Case contributed by Mitchel Nash Anthony Fernando
Diagnosis almost certain

Presentation

Presenting with chronic pelvic/groin pain. No history of trauma. Clinical concern for pudendal neuralgia.

Patient Data

Age: 20 years
Gender: Male
mri

MRI shows the course of the pudendal nerve at the greater sciatic foramen, at the ischial spine, at the lesser sciatic foramen, and in Alcock's canal. The terminal branches include the inferior rectal nerve, perineal nerve, and dorsal nerve of the penis (in males). The major branch of the perineal nerve is the posterior scrotal nerve (in males). The sacrospinous ligament and sacrotuberous ligament appear normal. The sacrospinous ligament separates the greater sciatic foramen from the lesser sciatic foramen. The piriformis muscle and gluteus maximus muscle appear normal.

The unique anatomy of the pudendal nerve is noted as it exits the pelvis via the infrapiriform greater sciatic foramen but then re-enters the pelvis via the lesser sciatic foramen. The sciatic nerve exits at the greater sciatic foramen and continues laterally.
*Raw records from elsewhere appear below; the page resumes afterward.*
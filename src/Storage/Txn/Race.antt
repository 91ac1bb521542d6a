-- ===== src/Storage/Txn/Race.antt =====
-- Another thread between the critical sections of `txn_commit` of lib/storage/txn.c.
use napastak.Base.{
  ℕ, ◌+◌, ◌≤◌, ◌%◌, ◌^◌, Bool-cases, inl, inr, ◌≡◌, true, false, none, some, arith, get_elem?, ◌==◌,
  ◌∙◌,
}
use napastak.Storage.Txn.{
  Txn, TxnManager, txn_id_none, started, holds, modify, at_slot, find, find_free_slot, begin,
  commit_finish,
}
use napastak.Storage.Txn.Slots.{
  first-some, get_elem?-modify, AtMostOne-modify_keep, AtMostOne-modify_new, first-modify_gone,
  first-modify_other, length-modify,
}
use napastak.Storage.Txn.Lifecycle.{IsValid, Located, find-eq-first, begin-some, find-begin_found}
use napastak.Storage.Txn.Commit.{marked, emptied}

-- The pool after the first critical section is a valid one.
marked-IsValid :
    (tm : TxnManager) (id : ℕ) (l : Located tm id) → IsValid tm → IsValid (at_slot tm l.slot marked)
marked-IsValid tm id l v = record {
  size = length-modify l.slot marked tm.txns ∙ v.size;
  counter = v.counter;
  fresh = λ j h.
      first-modify_other (holds j) marked l.slot tm.txns l.txn l.got (below j h) (ground arith)
      ∙ v.fresh j h;
  unique = λ j n.
      AtMostOne-modify_keep (holds j) marked l.slot tm.txns l.txn (v.unique j n) l.got
        (λ bad. ground arith);
}
  where
    below : (j : ℕ) → tm.next_id ≤ j → holds j l.txn ≡ false
    below j h = elim (Bool-cases (holds j l.txn)) [
      | inl y ↦ absurd (first-some (holds j) l.slot tm.txns l.txn l.got y (v.fresh j h))
      | inr n ↦ n
    ]

module _ (tm : TxnManager) (slot now : ℕ) (t : Txn) (v : IsValid tm)
    (got : get_elem? tm.txns slot ≡ some t) where
  -- The pool after a `txn_begin` that was given `slot`.
  abbrev after : TxnManager
  after = record {
    txns = modify slot (λ u. started tm.next_id now) tm.txns;
    next_id = (tm.next_id + 1) % 2 ^ 64;
  }

  here_after : get_elem? after.txns slot ≡ some (started tm.next_id now)
  here_after = get_elem?-modify slot (λ u. started tm.next_id now) tm.txns t got

  lost_after : find (commit_finish after slot) tm.next_id ≡ none
  unfolding commit_finish
  lost_after =
      let new : ℕ = tm.next_id in
      let proper : (new == txn_id_none) ≡ false = ground (arith, v.counter) in
      find-eq-first (commit_finish after slot) new
      ∙ rw proper (
          first-modify_gone (holds new) emptied slot after.txns (started new now)
            (AtMostOne-modify_new (holds new) (λ u. started new now) slot tm.txns
              (v.unique new (ground (arith, v.counter))) (v.fresh new (omega arith)))
            here_after (ground arith) (ground arith))

-- If in a valid pool the slot of a transaction whose commit is under way is the first that `find_free_slot` takes
-- for free, then a `txn_begin` at this moment is given that very slot, which then
-- has no entries for the commit to go on with, and when the commit ends, the new transaction is lost.
pub begin_during_commit :
    (tm : TxnManager) (id now : ℕ) (l : Located tm id)
    → IsValid tm
    → find_free_slot (at_slot tm l.slot marked) ≡ some l.slot
    → let (tm', new) = begin (at_slot tm l.slot marked) now in
      (get_elem? tm'.txns l.slot ≡ some (started new now))
      × (find tm' new ≡ some (started new now))
      × (find (commit_finish tm' l.slot) new ≡ none)
begin_during_commit tm id now l v free =
    let tm1 : TxnManager = at_slot tm l.slot marked in
    let v1 : IsValid tm1 = marked-IsValid tm id l v in
    let got1 = get_elem?-modify l.slot marked tm.txns l.txn l.got in
    let seen = find-begin_found tm1 now v1 l.slot free tm.next_id in
    let same : (tm.next_id == tm.next_id) ≡ true = ground arith in
    let seen' : find (begin tm1 now).0 tm.next_id ≡ some (started tm.next_id now) =
      rw same at seen in
    rw (begin-some tm1 now l.slot free) (
      here_after tm1 l.slot now (marked l.txn) v1 got1,
      rw (begin-some tm1 now l.slot free) at seen',
      lost_after tm1 l.slot now (marked l.txn) v1 got1,
    )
The prostate and urinary bladder appear normal.

ct

For comparison, CT from the same patient shows the course of the pudendal nerve at the greater sciatic foramen, at the ischial spine, at the lesser sciatic foramen, and in Alcock's canal.

There is oral contrast in the bowel. Chronic bilateral pars defects are present at L5.

Case Discussion

Pudendal neuralgia secondary to pudendal nerve entrapment is a debilitating condition that is most commonly diagnosed clinically 1. With the advancement of modern imaging technology, it is possible to visualize the pudendal nerve on MRI 2.

Thickening and hyperintensity of the affected pudendal nerve can be observed in pudendal neuralgia, especially when compared to the contralateral pudendal nerve. The Double Echo Steady State (DESS) sequence provides high resolution images for morphologic nerve assessment. It is important not to mistake adjacent vessels for abnormal nerve signal.

MRI allows for radiological correlation to patient presentation/symptoms. Whereas pudendal neuralgia has traditionally been diagnosed clinically with the Nantes criteria 3, MRI may now be used to aid in diagnosis.